-- ===== src/Planning/Bundle/Budget.antt =====
-- A bundle that `evaluate` accepts can be served: in time, and within the energy above the reserve.
use mathlib.Core.List.{append_assoc, append-nil}
use mathlib.Core.Option.{some-injective}
use sentinel_public.Prelude.{
  ℕ, ◌≤◌, ◌≡◌, refl, sym, ap, ◌∙◌, subst, Bool, true, false, not, ◌||◌, List, [], ◌∷◌, ◌++◌, Option,
  none, some, ◌==◌, Bool-cases, inl, inr, arith,
}
use sentinel_public.Prelude.Int.{ℤ, pos, ◌-ℤ◌, ◌≤ℤ◌, ltb_ℤ}
use sentinel_public.Protocol.Messages.{VehicleState, TaskState}
use sentinel_public.Planning.Geometry.{Coordinate, coordinate, has_capability}
use sentinel_public.Planning.Energy.{reserve_energy}
use sentinel_public.Planning.Claims.{Router, Route, is_pending, task_refused, only_if}
use sentinel_public.Planning.Bundle.{
  no_evaluation, BundleEvaluation, extend, exceeds, payload_after, target_of, visit, visit_all,
  evaluate,
}

-- One completion tick for each task, by its deadline; the vehicle has the capability for the task.
abbrev pub AreServed : VehicleState → List TaskState → List ℕ → Type 0
AreServed v [] [] = Unit
AreServed v [] (c ∷ cs) = true ≡ false
AreServed v (t ∷ ts) [] = true ≡ false
AreServed v (t ∷ ts) (c ∷ cs) =
    (is_pending t.status ≡ true)
    × (has_capability v t.required_capability ≡ true)
    × (c ≤ t.deadline_tick)
    × AreServed v ts cs

pub only_if-eq-some :
    {A : Type 0} (p : A → Bool) (a b : A) → only_if p (some a) ≡ some b → (p a ≡ true) × (a ≡ b)
only_if-eq-some p a b h = elim (Bool-cases (p a)) [
  | inl y ↦ (y, cc (rw y at h))
  | inr n ↦ cc (rw n at h)
]

within :
    (available : ℤ) (t : TaskState) (r : BundleEvaluation)
    → not (exceeds available t r) ≡ true
    → (r.energy_mj ≤ℤ available) × (r.completion_tick ≤ t.deadline_tick)
unfolding exceeds
within available t r h = ground arith

allowed :
    (v : VehicleState) (t : TaskState) (payload : ℤ) (tick : ℕ)
    → task_refused v t payload tick ≡ false
    → (is_pending t.status ≡ true) × (has_capability v t.required_capability ≡ true)
unfolding task_refused
allowed v t payload tick h = ground arith

module _ (route_from : Router) (v : VehicleState) (available : ℤ) where
  -- What one accepted round did.
  record Visited (t : TaskState) (result result' : BundleEvaluation) : Type 0 where
    is_pending_task : is_pending t.status ≡ true
    is_capable : has_capability v t.required_capability ≡ true
    energy : result'.energy_mj ≤ℤ available
    deadline : result'.completion_tick ≤ t.deadline_tick
    ticks :
        result'.task_completion_ticks ≡ result.task_completion_ticks ++ result'.completion_tick ∷ []

  accepted :
      (t : TaskState) (result result' : BundleEvaluation) (route : Route) (payload : ℤ)
      → task_refused v t payload result.completion_tick ≡ false
      → only_if (λ r. not (exceeds available t r)) (some (extend result t route)) ≡ some result'
      → Visited t result result'
  unfolding extend
  accepted t result result' route payload h e =
      let (fits, same) =
        only_if-eq-some (λ r. not (exceeds available t r)) (extend result t route) result' e in
      let (energy, deadline) = within available t (extend result t route) fits in
      let (is_pending_task, is_capable) = allowed v t payload result.completion_tick h in
      subst (Visited t result) same (record {
        is_pending_task = is_pending_task;
        is_capable = is_capable;
        energy = energy;
        deadline = deadline;
        ticks = refl;
      })

  visit-Visited :
      (t : TaskState) (result : BundleEvaluation) (position : Coordinate) (payload : ℤ)
      (result' : BundleEvaluation)
      → visit route_from v available t result position payload ≡ some result'
      → Visited t result result'
  unfolding visit
  visit-Visited t result position payload result' e =
      elim (Bool-cases (task_refused v t payload result.completion_tick)) [
        | inl refused ↦ cc (rw refused at e)
        | inr h ↦ found (route_from v position (target_of t)) h (rw h at e)
      ]
    where
      found :
          (o : Option Route)
          → task_refused v t payload result.completion_tick ≡ false
          → elim o [
            | none ↦ none
            | some route ↦ only_if (λ r. not (exceeds available t r)) (some (extend result t route))
          ]
            ≡ some result'
          → Visited t result result'
      found none h e' = cc
      found (some route) h e' = accepted t result result' route payload h e'

  -- The ticks that a run appends, and its energy.
  abbrev Served : List TaskState → BundleEvaluation → BundleEvaluation → Type 0
  Served ts result e =
      (e.energy_mj ≤ℤ available)
      × (ticks : List ℕ) × (e.task_completion_ticks ≡ result.task_completion_ticks ++ ticks)
      × AreServed v ts ticks

  round :
      (t : TaskState) (ts : List TaskState) (result : BundleEvaluation) (position : Coordinate)
      (payload : ℤ) (e : BundleEvaluation) (o : Option BundleEvaluation)
      → visit route_from v available t result position payload ≡ o
      → ((r : BundleEvaluation)
          → r.energy_mj ≤ℤ available
          → visit_all route_from v available ts r (target_of t) (payload_after t payload) ≡ some e
          → Served ts r e)
      → elim o [
        | none ↦ none
        | some r ↦ visit_all route_from v available ts r (target_of t) (payload_after t payload)
      ]
        ≡ some e
      → Served (t ∷ ts) result e
  round t ts result position payload e none q ih k = cc
  round t ts result position payload e (some r) q ih k =
      let visited = visit-Visited t result position payload r q in
      let (energy, ticks, same, served) = ih r visited.energy k in
      (
        energy,
        r.completion_tick ∷ ticks,
        same
            ∙ ap (λ xs. xs ++ ticks) visited.ticks
            ∙ append_assoc result.task_completion_ticks (r.completion_tick ∷ []) ticks,
        (visited.is_pending_task, visited.is_capable, visited.deadline, served),
      )

  visit_all-Served :
      (ts : List TaskState) (result : BundleEvaluation) (position : Coordinate) (payload : ℤ)
      (e : BundleEvaluation)
      → result.energy_mj ≤ℤ available
      → visit_all route_from v available ts result position payload ≡ some e
      → Served ts result e
  unfolding visit_all
  visit_all-Served [] result position payload e b h =
      subst (Served [] result) (some-injective result e h) (b, [], sym (append-nil _), tt)
  visit_all-Served (t ∷ ts) result position payload e b h =
      round t ts result position payload e (visit route_from v available t result position payload)
        refl (λ r. visit_all-Served ts r (target_of t) (payload_after t payload) e) h

-- A bundle that `evaluate` accepts takes no more energy than the vehicle has above its reserve, and
-- it has one completion tick for each task, in order, which is no later than that task's deadline;
-- each task is pending, and the vehicle has its capability.
pub evaluate-AreServed :
    (route_from : Router) (v : VehicleState) (tick step_ms : ℕ) (tasks : List TaskState)
    (e : BundleEvaluation)
    → evaluate route_from v tick step_ms tasks ≡ some e
    → (e.energy_mj ≤ℤ v.energy_mj -ℤ reserve_energy v) × AreServed v tasks e.task_completion_ticks
unfolding evaluate
evaluate-AreServed route_from v tick step_ms tasks e h =
    elim (Bool-cases (not v.active || step_ms == 0)) [
      | inl idle ↦ cc (rw idle at h)
      | inr moving ↦ elim (Bool-cases (ltb_ℤ (v.energy_mj -ℤ reserve_energy v) (pos 0))) [
        | inl low ↦ cc (rw (moving, low) at h)
        | inr enough ↦
            let (energy, ticks, same, served) =
              visit_all-Served route_from v (v.energy_mj -ℤ reserve_energy v) tasks
                (no_evaluation tick) (coordinate v.position.x_mm v.position.y_mm) v.payload_grams e
                (ground arith) (rw (moving, enough) at h) in
            (energy, subst (AreServed v tasks) (sym same) served)
      ]
    ]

---+---

▶ _What you will do_:
Return, without any change, the lines from the one holding "unfolding evaluate" through the end of the listing, and only those.

▶ _Answer area_:
unfolding evaluate
evaluate-AreServed route_from v tick step_ms tasks e h =
    elim (Bool-cases (not v.active || step_ms == 0)) [
      | inl idle ↦ cc (rw idle at h)
      | inr moving ↦ elim (Bool-cases (ltb_ℤ (v.energy_mj -ℤ reserve_energy v) (pos 0))) [
        | inl low ↦ cc (rw (moving, low) at h)
        | inr enough ↦
            let (energy, ticks, same, served) =
              visit_all-Served route_from v (v.energy_mj -ℤ reserve_energy v) tasks
                (no_evaluation tick) (coordinate v.position.x_mm v.position.y_mm) v.payload_grams e
                (ground arith) (rw (moving, enough) at h) in
            (energy, subst (AreServed v tasks) (sym same) served)
      ]
    ]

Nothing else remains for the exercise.